LeQ Medical
Communicating the Ideas Changing Medicine
The Real Front Lines of Marketing

happy_female_operatorYou should train the people who answer your phones. This is the real front line of marketing.

Most companies hire lots and lots of people with fancy degrees and pay them big salaries and let them sit around far away from the battle. Meanwhile, they pay other people with far less education very little money to deal more or less non-stop with the company’s customers.

So how hard would it be to train the folks who answer your phone? Or pay them a little better so that you got the very best people for the job? Well, most marketing people never ask that question, but they should.

Training the phone folks need not be all that hard. When these people are first hired, there should be a training program aimed at introducing them to your company, your products, your markets, and the sort of inquiries they are most likely to get by phone. They should get an organizational chart and a thorough understanding of what departments exist, what they do, and what kinds of questions or calls are likely to come for which groups.

You have to assume that the person you just hired to spend all day with your customers does not know your industry. This introductory training should be very basic and ramp up to cover the nuances. In other words, if your company makes ablation catheters for atrial fibrillation, you may have to go over the very basics of atrial fibrillation, explain what a catheter is, talk about what ablations are, and then move on from there.

But introductory training is just that–the beginning. Your phone people should get regular training “booster shots” by getting information about new products, new services, new departments, new hires, and the momentary issues that your company is dealing with.

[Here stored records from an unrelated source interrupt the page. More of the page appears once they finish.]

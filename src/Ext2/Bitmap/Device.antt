-- ===== src/Ext2/Bitmap/Device.antt =====
-- `ext2_change_allocated` as a whole: what it does to the bitmap on the device.
use embext.Base.{ℕ, ◌+◌, ◌/◌, ◌%◌, ◌<◌, ◌≡◌, ◌≢◌, Bool}
use embext.Base.{some, List, length}
use embext.Bytes.{AreBytes}
use embext.Driver.{BlockDriver, ok, Wrote, block_size}
use embext.Ext2.Layout.RoundTrip.{IsDescriptor}
use embext.Ext2.State.{Volume, u32}
use embext.Ext2.Group.Mounted.{IsMounted}
use embext.Ext2.Group.Read.{group_of}
use embext.Ext2.Bitmap.{count_free}
use embext.Ext2.Bitmap.Change.{Changed}

module _ ⦃drv : BlockDriver⦄ where
  -- The group and the bit of a block, and the sector of the device that is read and written for it.
  abbrev pub group_of_block : Volume drv.Device → ℕ → ℕ
  group_of_block v block = block / v.context.superblock.s_blocks_per_group

  abbrev pub bit_of_block : Volume drv.Device → ℕ → ℕ
  bit_of_block v block = block % v.context.superblock.s_blocks_per_group

  abbrev pub bitmap_sector : Volume drv.Device → ℕ → ℕ
  bitmap_sector v block = u32 (
      u32 (
        (group_of v (group_of_block v block)).bg_block_bitmap
        + bit_of_block v block / 8 / block_size)
      + v.context.part_start)

  -- A block of a mounted volume whose bitmap sector lies on the device and holds `bitmap`.
  pub record IsBitmap (v : Volume drv.Device) (block : ℕ) (bitmap : List ℕ) : Type 0 where
    pub mounted : IsMounted v
    pub per_group : v.context.superblock.s_blocks_per_group ≢ 0
    pub group : group_of_block v block < v.context.num_blockgroups
    pub descriptor : IsDescriptor (group_of v (group_of_block v block))
    pub inside : bitmap_sector v block < drv.volume_size v.device
    pub read : drv.block_read (bitmap_sector v block) v.device ≡ some (ok bitmap)
    pub sized : length bitmap ≡ 512
    pub bytes : AreBytes bitmap

  -- The outcome of a change.
  pub record IsAllocated (v : Volume drv.Device) (block : ℕ) (allocated : Bool) (bitmap : List ℕ)
      (v' : Volume drv.Device) : Type 0 where
    pub after : List ℕ
    pub bit : Changed allocated (bit_of_block v block) bitmap after
    pub wrote :
        Wrote drv.IsReady drv.volume_size drv.read_only drv.block_read
          (bitmap_sector v block)
          after
          v.device
          v'.device
    pub counted : v'.context.superblock ≡ count_free allocated v.context.superblock
    pub mounted : IsMounted v'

Include your phone staff in your launch memos–you can even give them launch kits or maybe abbreviated mini-launch kits to help introduce them to new products and services. (I know some marketing types are thinking this is a big waste of time but remember, most of the phone people spend more time in one day chatting with your customers than you do–so why should you deny them information on your latest launch?)

Your phone people are the ones who are the “voice” of the company. You may think that your executives are the voice of the company, but it’s the phone people that most of your customers interact with. You want them to be informed and high-energy and enthusiastic. So how do you drum up enthusiasm? I think one good way is to include them in certain marketing meetings (particularly ones about big changes and rah-rah ones) and to be sure that they regularly get marketing goodies like the new T-shirts or coffee mugs or logo pens. Again, I know marketing types who would say this is a waste of time, but shouldn’t your front line people be happy to be at work and excited about your latest product?

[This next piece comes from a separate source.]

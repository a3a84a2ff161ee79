-- ===== src/Ext2/Allocate/Numbering.antt =====
-- The block number that `ext2_allocate_block` makes of a bit, and the bit that
-- `ext2_change_allocated` makes of a block number.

I once worked at a company that had just launched a major product. We were testing our phone service at that time and when one of my shills called the main number and asked about the new product, the person answering the phone had never heard of it.

That was not her fault. Her job kept her in a cubicle off the main floor, far away from the marketing and other departments and nobody ever thought to give her information or include her even on email distributions. Furthermore, I would imagine that it was embarrassing and disconcerting to her not to know what was being asked and that made her answer seem curt and even hostile.

If you have marketing guys in your company who resist including phone people in the information loop, you need to start asking yourself: are those the right guys to be in marketing? It costs so little to take your phone front-line people from mediocre to outstanding–and why would you want to keep anybody (especially the guys and gals who answer your phone) in the dark about your company’s products?